It took several years and a circuitous route before Joshua A. Thompson ’04 said, “I got over myself and my insecurities and my fears and put myself back out there as a performing artist.”
When he was a teen, his path seemed clear: He would study trumpet performance at DePauw, a choice recommended by his private trumpet teacher and eased because his sister, Jessica Thompson Anderson ’02, was already enrolled at DePauw.
But Thompson, who “was always that kid who would ask why,” felt confined by the demands of the trumpet program and, after an “unbelievably fascinating” sociology class, switched majors to sociology, the study of which helped him “get comfortable with my identity” as a gay, African-American man. It also prepared him for his professional life after DePauw – that is, after a break of several months immediately after graduation in which “I was a beach bum and I was a hang glide instructor and I didn’t do anything academic at all. I partied my brain off. It was so much fun and then I hopped on a plane and came back (to Indianapolis). I was like, all right, let’s go adult and do stuff.”

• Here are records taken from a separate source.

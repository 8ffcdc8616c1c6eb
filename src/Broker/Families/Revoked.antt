-- ===== src/Broker/Families/Revoked.antt =====
-- Revoked families under the calls of `create_family`, `revoke_family` and `rotate_refresh`
-- (src/auth-broker/app/adapters/sqlite.py).
use mathai_ai_swarm_memory.Common.{
  ◌≡◌, refl, ◌∙◌, ap, inl, inr, Bool, true, false, List, [], ◌∷◌, ◌++◌, Option, none, some,
  if◌then◌else◌, find, count_where, update_where, find-update_where, find-append, find-holds,
  find-some-count, String, ok, err, >>=-eq-ok, arith, Option-cases, Bool-cases, ◌==◌,
}
use mathai_ai_swarm_memory.Broker.Store.{
  Datetime, FamilyRow, RefreshRow, Store, is_null, Outcome, committed_keeps,
}
use mathai_ai_swarm_memory.Broker.Families.{
  TokenFamily, is_family, is_unrevoked_family, revoke_row, revoke_family_locked, create_family,
  create_family_tx, revoke_family, revoke_family_tx, insert_family, insert_refresh, new_family,
  first_token, family_checks,
}
use mathai_ai_swarm_memory.Broker.Families.Rotate.{
  is_current_family, advance_row, rotate_row, rotate_tx, rotate_refresh, raise_reuse,
}
use mathai_ai_swarm_memory.Broker.Families.Rotation.{
  find_family, find_token, rotate_row-some, rotate_row-none,
}

-- A call of one of the methods that write families.
pub data Call : Type 0 where
  create : String → String → String → String → List String → Datetime → Datetime → Call
  revoke : String → Datetime → Call
  rotate : String → Datetime → String → Option Datetime → Call

unfoldable pub run_call : Call → Store → Store
run_call (create family_id principal_id workspace_id token_hash scopes now expires_at) st =
    (create_family family_id principal_id workspace_id token_hash scopes now expires_at st).1
run_call (revoke family_id now) st = (revoke_family family_id now st).1
run_call (rotate token_hash now new_token_hash e) st =
    (rotate_refresh token_hash now new_token_hash e st).1

unfoldable pub run_calls : List Call → Store → Store
unfolding run_call
run_calls [] st = st
run_calls (c ∷ calls) st = run_calls calls (run_call c st)

-- The family is there and has been revoked.
pub record IsRevoked (family_id : String) (st : Store) : Type 0 where
  pub row : FamilyRow
  pub found : find_family family_id st ≡ some row
  pub revoked : is_null row.revoked_at ≡ false

IsRevoked-update :
    (family_id : String) (q : FamilyRow → Bool) (g : FamilyRow → FamilyRow) (rows : List FamilyRow)
    (row : FamilyRow)
    → ((x : FamilyRow) → is_family family_id (g x) ≡ is_family family_id x)
    → ((x : FamilyRow) → is_null x.revoked_at ≡ false → is_null (g x).revoked_at ≡ false)
    → find (is_family family_id) rows ≡ some row
    → is_null row.revoked_at ≡ false
    → (row' : FamilyRow) × (find (is_family family_id) (update_where q g rows) ≡ some row')
      × (is_null row'.revoked_at ≡ false)
IsRevoked-update family_id q g rows row keeps stays found revoked = (
  (if q row then g row else row),
  find-update_where (is_family family_id) q g rows keeps ∙ rw found,
  ground (arith, stays row),
)

revoke_family_locked-IsRevoked :
    (family_id other : String) (now : Datetime) (st : Store)
    → IsRevoked family_id st
    → IsRevoked family_id (revoke_family_locked other now st)
unfolding revoke_family_locked
revoke_family_locked-IsRevoked family_id other now st h =
    let (row, found, revoked) =
      IsRevoked-update family_id (is_unrevoked_family other) (revoke_row now) st.token_families
        h.row (λ x. refl) (λ x e. refl) h.found h.revoked in
    elim (Bool-cases (count_where (is_unrevoked_family other) st.token_families == 0)) [
      | inl nothing ↦ rw nothing h
      | inr some_row ↦ rw some_row (record { row = row; found = found; revoked = revoked })
    ]

-- The row that reuse revokes.
pub revoke_family_locked-revokes :
    (family_id : String) (now : Datetime) (st : Store) (f : FamilyRow)
    → find_family family_id st ≡ some f
    → is_null f.revoked_at ≡ true
    → IsRevoked family_id (revoke_family_locked family_id now st)
unfolding revoke_family_locked
revoke_family_locked-revokes family_id now st f found live =
    let some_row =
      find-some-count (is_family family_id) (is_unrevoked_family family_id) st.token_families f
        found (ground (arith, find-holds (is_family family_id) st.token_families f)) in
    elim (Bool-cases (count_where (is_unrevoked_family family_id) st.token_families == 0)) [
      | inl nothing ↦ absurd (some_row (ground arith))
      | inr busy ↦ rw busy (record {
        row = revoke_row now f;
        found =
            find-update_where (is_family family_id) (is_unrevoked_family family_id) (revoke_row now)
              st.token_families (λ x. refl)
            ∙ rw found (ground (arith, find-holds (is_family family_id) st.token_families f));
        revoked = refl;
      })
    ]

insert_family-IsRevoked :
    (family_id : String) (row : FamilyRow) (st st' : Store)
    → insert_family row st ≡ ok st'
    → IsRevoked family_id st
    → IsRevoked family_id st'
unfolding insert_family
insert_family-IsRevoked family_id row st st' e h = record {
  row = h.row;
  found =
      let appended : st'.token_families ≡ st.token_families ++ row ∷ [] = ground arith in
      ap (find (is_family family_id)) appended
      ∙ find-append (is_family family_id) st.token_families (row ∷ [])
      ∙ rw h.found;
  revoked = h.revoked;
}

same_families-IsRevoked :
    (family_id : String) (st st' : Store)
    → st'.token_families ≡ st.token_families
    → IsRevoked family_id st
    → IsRevoked family_id st'
same_families-IsRevoked family_id st st' e h = record {
  row = h.row;
  found = ap (find (is_family family_id)) e ∙ h.found;
  revoked = h.revoked;
}

insert_refresh-families :
    (row : RefreshRow) (st st' : Store)
    → insert_refresh row st ≡ ok st'
    → st'.token_families ≡ st.token_families
unfolding insert_refresh
insert_refresh-families row st st' e = ground arith

create_family-IsRevoked :
    (family_id id principal_id workspace_id token_hash : String) (scopes : List String)
    (now expires_at : Datetime) (st : Store)
    → IsRevoked family_id st
    → IsRevoked family_id
        (create_family id principal_id workspace_id token_hash scopes now expires_at st).1
unfolding create_family create_family_tx
create_family-IsRevoked family_id id principal_id workspace_id token_hash scopes now expires_at st
      h =
    let row : FamilyRow =
      new_family id principal_id workspace_id token_hash scopes now expires_at in
    let token : RefreshRow = first_token id token_hash now expires_at in
    committed_keeps (IsRevoked family_id) st
      (create_family_tx id principal_id workspace_id token_hash scopes now expires_at st) h
      λ x st' e.
        let (unit, _, e') =
          >>=-eq-ok (family_checks principal_id workspace_id token_hash scopes now expires_at st) _
            e in
        let (mid, inserted, e'') = >>=-eq-ok (insert_family row st) _ e' in
        let (last, written, e3) = >>=-eq-ok (insert_refresh token mid) _ e'' in
        same_families-IsRevoked family_id mid st'
          (ground (arith, insert_refresh-families token mid last))
          (insert_family-IsRevoked family_id row st mid inserted h)

raise_reuse-store : (o : Outcome (Option TokenFamily)) → (raise_reuse o).1 ≡ o.1
raise_reuse-store (ok (some x), st) = refl
raise_reuse-store (ok none, st) = refl
raise_reuse-store (err e, st) = refl

rotate_row-IsRevoked :
    (family_id : String) (r : RefreshRow) (f : FamilyRow) (token_hash : String) (now : Datetime)
    (new_token_hash : String) (e : Option Datetime) (st st' : Store) (o : Option TokenFamily)
    → rotate_row r f token_hash now new_token_hash e st ≡ ok (o, st')
    → IsRevoked family_id st
    → IsRevoked family_id st'
rotate_row-IsRevoked family_id r f token_hash now new_token_hash e st st' none h revoked =
    rw ((rotate_row-none r f token_hash now new_token_hash e st st' h).2)
      (revoke_family_locked-IsRevoked family_id f.id now st revoked)
rotate_row-IsRevoked family_id r f token_hash now new_token_hash e st st' (some x) h revoked =
    let a = (rotate_row-some r f token_hash now new_token_hash e st st' x h).2 in
    let (row, found, still) =
      IsRevoked-update family_id (is_current_family f.id token_hash) (advance_row new_token_hash)
        st.token_families revoked.row (λ x. refl) (λ x e. e) revoked.found revoked.revoked in
    rw a.after (record { row = row; found = found; revoked = still })

rotate_tx-IsRevoked :
    (family_id token_hash : String) (now : Datetime) (new_token_hash : String) (e : Option Datetime)
    (st st' : Store) (o : Option TokenFamily)
    → rotate_tx token_hash now new_token_hash e st ≡ ok (o, st')
    → IsRevoked family_id st
    → IsRevoked family_id st'
unfolding rotate_tx
rotate_tx-IsRevoked family_id token_hash now new_token_hash e st st' o h revoked =
    elim (Option-cases (find_token token_hash st)) [
      | inl lost ↦ absurd (ground arith)
      | inr (r, found) ↦ elim (Option-cases (find_family r.family_id st)) [
        | inl lost ↦ absurd (ground arith)
        | inr (f, family) ↦
            rotate_row-IsRevoked family_id r f token_hash now new_token_hash e st st' o
              (ground arith) revoked
      ]
    ]

rotate_refresh-IsRevoked :
    (family_id token_hash : String) (now : Datetime) (new_token_hash : String) (e : Option Datetime)
    (st : Store)
    → IsRevoked family_id st
    → IsRevoked family_id (rotate_refresh token_hash now new_token_hash e st).1
unfolding rotate_refresh
rotate_refresh-IsRevoked family_id token_hash now new_token_hash e st h = rw raise_reuse-store (
    committed_keeps (IsRevoked family_id) st (rotate_tx token_hash now new_token_hash e st) h
      λ o st' eq. rotate_tx-IsRevoked family_id token_hash now new_token_hash e st st' o eq h)

revoke_family-IsRevoked :
    (family_id other : String) (now : Datetime) (st : Store)
    → IsRevoked family_id st
    → IsRevoked family_id (revoke_family other now st).1
unfolding revoke_family revoke_family_tx
revoke_family-IsRevoked family_id other now st h =
    committed_keeps (IsRevoked family_id) st (revoke_family_tx other now st) h λ x st' e.
      let written : st' ≡ revoke_family_locked other now st = ground arith in
      rw written (revoke_family_locked-IsRevoked family_id other now st h)

run_call-IsRevoked :
    (family_id : String) (c : Call) (st : Store)
    → IsRevoked family_id st
    → IsRevoked family_id (run_call c st)
unfolding run_call revoke_family
run_call-IsRevoked family_id (create id principal workspace token scopes now expires_at) st h =
    create_family-IsRevoked family_id id principal workspace token scopes now expires_at st h
run_call-IsRevoked family_id (rotate token_hash now new_token_hash e) st h =
    rotate_refresh-IsRevoked family_id token_hash now new_token_hash e st h
run_call-IsRevoked family_id (revoke other now) st h =
    revoke_family-IsRevoked family_id other now st h

pub run_calls-IsRevoked :
    (family_id : String) (calls : List Call) (st : Store)
    → IsRevoked family_id st
    → IsRevoked family_id (run_calls calls st)
unfolding run_calls
run_calls-IsRevoked family_id [] st h = h
run_calls-IsRevoked family_id (c ∷ calls) st h =
    run_calls-IsRevoked family_id calls (run_call c st) (run_call-IsRevoked family_id c st h)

He spent the next seven or so years as a member of Gallahue Mental Health Services’ Assertive Community Treatment team, working with 18-to-25-year-olds who were diagnosed with severe mental illness and substance abuse. Then he joined the Damien Center, an HIV/AIDS care and prevention center organization, as a care coordinator and program director.
“Growing up, I would hear, ‘oh, you do classical music; you’re trying to be white.’ Or ‘black people don’t do that.’ I’m like, ‘no, we do; you just don’t know who they are.’ I didn’t know who they were. But now that we do know, there’s a sense of pride that I find with audiences who look like me. … I’m always nervous that they’re not going to like it, because who likes classical music when you can listen to hip-hop or reggae or jazz or blues? But it’s that look on their face when it’s something that’s written by someone who looks like them.”
Eventually, Thompson chose to use his experience in service organizations to promote his first love, and he hung a shingle as a consultant. “This is where I fused my love for music and arts advocacy with the knowledge of how nonprofit management works,” he said.
He still consults but, about three years ago, he went “back to my roots in piano” and began programming and performing classical works written by people of African descent, such as Americans William Grant Still and Margaret Bonds, as well as composers from the African continent, the West Indies and Europe.
“I could live this lifetime and the next and just barely scratch the surface” of such compositions, he said, though “they’re just as gripping, they’re just as rigorous and they’re just as indicative of cultural shifts and trends” as works by “your Mozarts, your Beethovens, your DeBussys, your Coplands. But we don’t teach it in schools; we don’t see it on stages. And so in my own little small sphere of influence, that’s my mission. That’s my passion.”
In 2018, Thompson and other Indianapolis artists – singers, musicians, dancers and visual artists, including Deonna Craig ’04 – performed “Village Voices: Notes from the Griot,” his original production highlighting such works, at Newfields, Eiteljorg Museum, the Indianapolis Public Library, the Jewish Federation of Greater Indianapolis, Theater at the Fort and several high schools.
Since January, he has been performer-in-residence for Eskenazi Health’s Marianne Tobias Music Program, for which he performs monthly in the hospital lobby. He often invites other African Americans from Indianapolis’s art community – singers, dancers and others – to perform with him. In August, the Arts Council of Indianapolis awarded him a Robert D. Beckmann Jr. Emerging Artist Fellowship, enabling him to undertake more research into music by composers of African descent. He plans to go to Boston, where he’ll connect with a friend of his sister who has expertise in African-American music.
Albert Lilly III ’86, the trumpet teacher who recommended DePauw to Thompson, said he was thrilled to learn that his former student, who was “a joy to work with,” was again performing music. He thought Thompson, a “state-level soloist” as a youth, would be “an excellent fit for DePauw. …
“I wanted all of my former students who attended DePauw to find the things that I did when there,” said Lilly, an arranger, a composer and an assistant music professor at Marian University. “Dedication, focus, supportive faculty, strong performance opportunities and a tremendous sense of ‘family’ in the School of Music. Those were just a few of the many things DePauw gave to me as a student, and I felt those things would be great for Joshua.”
Though he chose an unexpected route after arriving at DePauw, Thompson said the university and sociology were the right choices for him. As he contemplated sociology, “I thought, music is always going to be there. It’s not going to go away because I’ve been doing this for so long,” he said. “But there was another part of myself that I had to kind of figure out and discover, and I took that opportunity to do it.”